We are of opinion, therefore, that the first proposition must be overruled as unsupported by evidence.

[3] 2. The contentions that the evidence establishes liability under the contract, treated as one of guaranty on the part of the corporation, are both untenable, as we believe, for like want of supporting facts. Undoubtedly the corporation may bind itself as surety or guarantor for performance of a contract made for its benefit, or in furtherance of an object within its corporate powers and purposes (vide Winterfield v. Cream City Brewing Co., 96 Wis. 239, 242, 71 N. W. 101), but payment of debts owing by its stockholders to third parties, where*117in the corporation has no interest, direct or indirect, is plainly not for its benefit, nor within its corporate objects. In re Haas Co., supra. As before stated, the transfer of real estate by the stockholders to the corporation were prior and independent transactions and for an independent consideration, wherein the payee of the note in suit neither claimed nor had any interest; and the evidence discloses no benefit granted to or acquired by the corporation in consideration of its guaranty.

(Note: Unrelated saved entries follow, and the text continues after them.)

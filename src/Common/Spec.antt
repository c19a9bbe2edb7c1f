-- ===== src/Common/Spec.antt =====
-- type Spec of pkg/splunk/common/types.go with its DeepCopyInto, and the validation of
-- pkg/splunk/common/util.go.
pub mod Defaults
use infra_devops.Base.{
  String, Bool, if◌then◌else◌, str_eq, Option, none, some, List, [], ◌∷◌, map, message, Err,
}
use infra_devops.Base.Int.{ℤ, pos, eqb_ℤ}
use infra_devops.Base.Text.{◌<>◌}
use infra_devops.Base.Dict.{Dict, lookup, insert, or_empty, is_some}
use infra_devops.Cluster.{Slice}

-- corev1.ResourceRequirements: the quantities by their names, `none` for a nil map
pub record Resources : Type 0 where
  pub requests : Option (Dict String)
  pub limits : Option (Dict String)

-- intstr.IntOrString: IntVal, and StrVal where the type is String
pub record TargetPort : Type 0 where
  pub int_val : ℤ
  pub text : Option String

pub record ServicePort : Type 0 where
  pub protocol : String
  pub port : ℤ
  pub target_port : TargetPort

-- corev1.Service, without its metadata and what the code only copies, which is `rest`
pub record ServiceTemplate : Type 0 where
  pub ports : Slice ServicePort
  pub kind : String
  pub rest : String

pub record Spec : Type 0 where
  pub image : String
  pub image_pull_policy : String
  pub scheduler_name : String
  pub affinity : String
  pub tolerations : Slice String
  pub resources : Resources
  pub service_template : ServiceTemplate

-- DeepCopyInto: `in` and `out` afterwards. DeepCopyInto of a Kubernetes type copies its receiver into
-- its argument, and the receiver is `out`.
unfoldable pub deep_copy_into : Spec → Spec → Spec × Spec
deep_copy_into source target = (
  record source {
    affinity = target.affinity;
    resources = target.resources;
    service_template = target.service_template;
  },
  record target {
    image = source.image;
    image_pull_policy = source.image_pull_policy;
    scheduler_name = source.scheduler_name;
    tolerations = elim source.tolerations [ none ↦ target.tolerations | some t ↦ some t ];
  },
)

unfoldable pub made : Option (Dict String) → Dict String
made none = []
made (some m) = m

-- The value of the key where it has one, and that of the defaults where not.
unfoldable pub fill_default : String → Option (Dict String) → Dict String → Dict String
unfolding made
fill_default key defaults m =
    let filled = insert key (or_empty (lookup key (made defaults))) m in
    if is_some (lookup key m) then m else filled

unfoldable pub fill_defaults : Option (Dict String) → Option (Dict String) → Dict String
unfolding fill_default made
fill_defaults defaults m = fill_default "memory" defaults (fill_default "cpu" defaults (made m))

unfoldable pub validate_resources : Resources → Resources → Resources
unfolding fill_defaults
validate_resources resources defaults = record {
  requests = some (fill_defaults defaults.requests resources.requests);
  limits = some (fill_defaults defaults.limits resources.limits);
}

-- The policy afterwards, and the error; the first argument is IMAGE_PULL_POLICY.
unfoldable pub validate_image_pull_policy : String → String → String × Option Err
validate_image_pull_policy variable given =
    let policy = if str_eq given "" then variable else given in
    if str_eq policy ""
    then ("IfNotPresent", none)
    else if str_eq policy "Always"
    then (policy, none)
    else if str_eq policy "IfNotPresent"
    then (policy, none)
    else (
      policy,
      some (message ("ImagePullPolicy must be one of Always or IfNotPresent; value=" <> policy)),
    )

-- `int_value` is the method IntValue of intstr.IntOrString.
module _ (int_value : TargetPort → ℤ) where
  unfoldable pub default_port : ServicePort → ServicePort
  default_port p = record p {
    protocol = if str_eq p.protocol "" then "TCP" else p.protocol;
    target_port =
        if eqb_ℤ (int_value p.target_port) (pos 0)
        then record p.target_port { int_val = p.port }
        else p.target_port;
  }

  unfoldable pub default_ports : Slice ServicePort → Slice ServicePort
  unfolding default_port
  default_ports none = none
  default_ports (some ps) = some (map default_port ps)

  unfoldable pub set_service_template_defaults : ServiceTemplate → ServiceTemplate
  unfolding default_ports
  set_service_template_defaults t = record t {
    ports = default_ports t.ports;
    kind = if str_eq t.kind "" then "ClusterIP" else t.kind;
  }

  unfoldable pub validate_spec : String → Resources → Spec → Spec × Option Err
  unfolding set_service_template_defaults validate_resources validate_image_pull_policy
  validate_spec variable defaults spec =
      let policy = validate_image_pull_policy variable spec.image_pull_policy in
      (
        record spec {
          scheduler_name =
              if str_eq spec.scheduler_name "" then "default-scheduler" else spec.scheduler_name;
          service_template = set_service_template_defaults spec.service_template;
          resources = validate_resources spec.resources defaults;
          image_pull_policy = policy.0;
        },
        policy.1,
      )
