-- ===== src/Common/Spec/Defaults.antt =====
-- The defaults of a Spec.
use infra_devops.Base.{
  true, false, if◌then◌else◌, Bool-cases, String, str_eq, eq_iff, Option, none, some, List, [], ◌∷◌,
  map, ◌≡◌, refl, ap, ◌∙◌, arith, inl, inr,
}
use infra_devops.Base.Int.{ℤ, pos, eqb_ℤ}
use infra_devops.Base.Dict.{Dict, lookup, lookup-insert, is_some}
use infra_devops.Cluster.{Slice}
use infra_devops.Common.Spec.{
  Resources, TargetPort, ServicePort, ServiceTemplate, Spec, fill_default, fill_defaults, made,
  validate_resources, validate_image_pull_policy, default_port, default_ports,
  set_service_template_defaults, validate_spec,
}

-- A key that has a value keeps it and every key that is filled has one.
fill_default-has :
    (key : String) (defaults : Option (Dict String)) (m : Dict String)
    → is_some (lookup key (fill_default key defaults m)) ≡ true
unfolding fill_default
fill_default-has key defaults m = elim (Bool-cases (is_some (lookup key m))) [
  | inl b ↦ rw b b
  | inr b ↦ rw b (rw (lookup-insert key key _ m) (ground (arith, eq_iff key key)))
]

fill_default-keeps :
    (key other : String) (defaults : Option (Dict String)) (m : Dict String)
    → is_some (lookup other m) ≡ true
    → is_some (lookup other (fill_default key defaults m)) ≡ true
unfolding fill_default
fill_default-keeps key other defaults m h = elim (Bool-cases (is_some (lookup key m))) [
  | inl b ↦ rw b h
  | inr b ↦ rw b (rw (lookup-insert key other _ m) (ground (arith, h)))
]

fill_default-full :
    (key : String) (defaults : Option (Dict String)) (m : Dict String)
    → is_some (lookup key m) ≡ true
    → fill_default key defaults m ≡ m
unfolding fill_default
fill_default-full key defaults m h = rw h refl

fill_defaults-again :
    (defaults m : Option (Dict String))
    → fill_defaults defaults (some (fill_defaults defaults m)) ≡ fill_defaults defaults m
unfolding fill_defaults made
fill_defaults-again defaults m =
    let once = fill_default "cpu" defaults (made m) in
    let cpu =
      fill_default-keeps "memory" "cpu" defaults once (fill_default-has "cpu" defaults (made m)) in
    ap (fill_default "memory" defaults) (fill_default-full "cpu" defaults _ cpu)
    ∙ fill_default-full "memory" defaults _ (fill_default-has "memory" defaults once)

pub validate_resources-again :
    (defaults r : Resources)
    → validate_resources (validate_resources r defaults) defaults ≡ validate_resources r defaults
unfolding validate_resources
validate_resources-again defaults r =
    rw
      (
        fill_defaults-again defaults.requests r.requests,
        fill_defaults-again defaults.limits r.limits,
      )
      refl

policy-kept :
    (variable p : String) → str_eq p "" ≡ false → (validate_image_pull_policy variable p).0 ≡ p
unfolding validate_image_pull_policy
policy-kept variable p h = elim (Bool-cases (str_eq p "Always")) [
  | inl a ↦ rw h (rw h (rw a refl))
  | inr a ↦ elim (Bool-cases (str_eq p "IfNotPresent")) [
    | inl b ↦ rw h (rw h (rw a (rw b refl)))
    | inr b ↦ rw h (rw h (rw a (rw b refl)))
  ]
]

-- Where no policy is given, that of the environment is validated.
policy-variable :
    (variable given : String)
    → str_eq given "" ≡ true
    → str_eq variable "" ≡ false
    → validate_image_pull_policy variable given ≡ validate_image_pull_policy variable variable
unfolding validate_image_pull_policy
policy-variable variable given h k = rw (h, k) (rw k refl)

pub validate_image_pull_policy-again :
    (variable given : String)
    → validate_image_pull_policy variable (validate_image_pull_policy variable given).0
      ≡ validate_image_pull_policy variable given
validate_image_pull_policy-again variable given = elim (Bool-cases (str_eq given "")) [
  | inr g ↦ ap (validate_image_pull_policy variable) (policy-kept variable given g)
  | inl g ↦ elim (Bool-cases (str_eq variable "")) [
    | inr v ↦
        let e = policy-variable variable given g v in
        rw e (ap (validate_image_pull_policy variable) (policy-kept variable variable v))
    | inl v ↦ unset g v
  ]
]
  where
    unset :
        str_eq given "" ≡ true
        → str_eq variable "" ≡ true
        → validate_image_pull_policy variable (validate_image_pull_policy variable given).0
          ≡ validate_image_pull_policy variable given
    unset g v = unfold validate_image_pull_policy in rw (g, v) refl

-- A text that is empty is set, to one that is not empty.
abbrev or_set : String → String → String
or_set d t = if str_eq t "" then d else t

or_set-again : (d t : String) → str_eq d "" ≡ false → or_set d (or_set d t) ≡ or_set d t
or_set-again d t h = elim (Bool-cases (str_eq t "")) [
  | inl a ↦ rw a (rw h refl)
  | inr a ↦ rw a (rw a refl)
]

module _ (int_value : TargetPort → ℤ) where
  abbrev or_port : ℤ → TargetPort → TargetPort
  or_port port t = if eqb_ℤ (int_value t) (pos 0) then record t { int_val = port } else t

  or_port-again : (port : ℤ) (t : TargetPort) → or_port port (or_port port t) ≡ or_port port t
  or_port-again port t = elim (Bool-cases (eqb_ℤ (int_value t) (pos 0))) [
    | inr a ↦ rw a (rw a refl)
    | inl a ↦ rw a (elim (Bool-cases (eqb_ℤ (int_value (record t { int_val = port })) (pos 0))) [
      | inl b ↦ rw b refl
      | inr b ↦ rw b refl
    ])
  ]

  default_port-again :
      (p : ServicePort)
      → default_port int_value (default_port int_value p) ≡ default_port int_value p
  unfolding default_port
  default_port-again p =
      let protocol = or_set-again "TCP" p.protocol refl in
      let target = or_port-again p.port p.target_port in cc

  default_ports-again :
      (ps : List ServicePort)
      → map (default_port int_value) (map (default_port int_value) ps)
        ≡ map (default_port int_value) ps
  default_ports-again [] = refl
  default_ports-again (p ∷ ps) =
      let first = default_port-again p in let others = default_ports-again ps in cc

  slice-again :
      (ps : Slice ServicePort)
      → default_ports int_value (default_ports int_value ps) ≡ default_ports int_value ps
  unfolding default_ports
  slice-again none = refl
  slice-again (some ps) = rw (default_ports-again ps) refl

  template-again :
      (t : ServiceTemplate)
      → set_service_template_defaults int_value (set_service_template_defaults int_value t)
        ≡ set_service_template_defaults int_value t
  unfolding set_service_template_defaults
  template-again t = rw (or_set-again "ClusterIP" t.kind refl, slice-again t.ports) refl

  -- ValidateSpec on a spec that it has validated changes nothing and returns the same error, whatever
  -- the environment's policy, the default resources and the value of a target port are.
  pub validate_spec-again :
      (variable : String) (defaults : Resources) (spec : Spec)
      → validate_spec int_value variable defaults (validate_spec int_value variable defaults spec).0
        ≡ validate_spec int_value variable defaults spec
  unfolding validate_spec
  validate_spec-again variable defaults spec =
      rw
        (
          or_set-again "default-scheduler" spec.scheduler_name refl,
          template-again spec.service_template,
          validate_resources-again defaults spec.resources,
          validate_image_pull_policy-again variable spec.image_pull_policy,
        )
        refl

The further fact relied upon as proving consideration — agreement by the payee to accept from the makers, as collateral security, $100,000 of stock in place of the entire amount theretofore pledged — is without force, for the reason that it was for the exclusive benefit of the makers and the corporation had no interest and acquired no benefit in such arrangement.

We believe, therefore, that the purported guaranty indorsed thereon by its officers was purely an accommodation promise, not within the corporate powers and not binding as a corporate obligation, and that no circumstances are in evidence to estop the corporation “from invoking the defense of ultra vires.”

The order of the District Court is reversed, accordingly, with direction to disallow the appellee’s claim.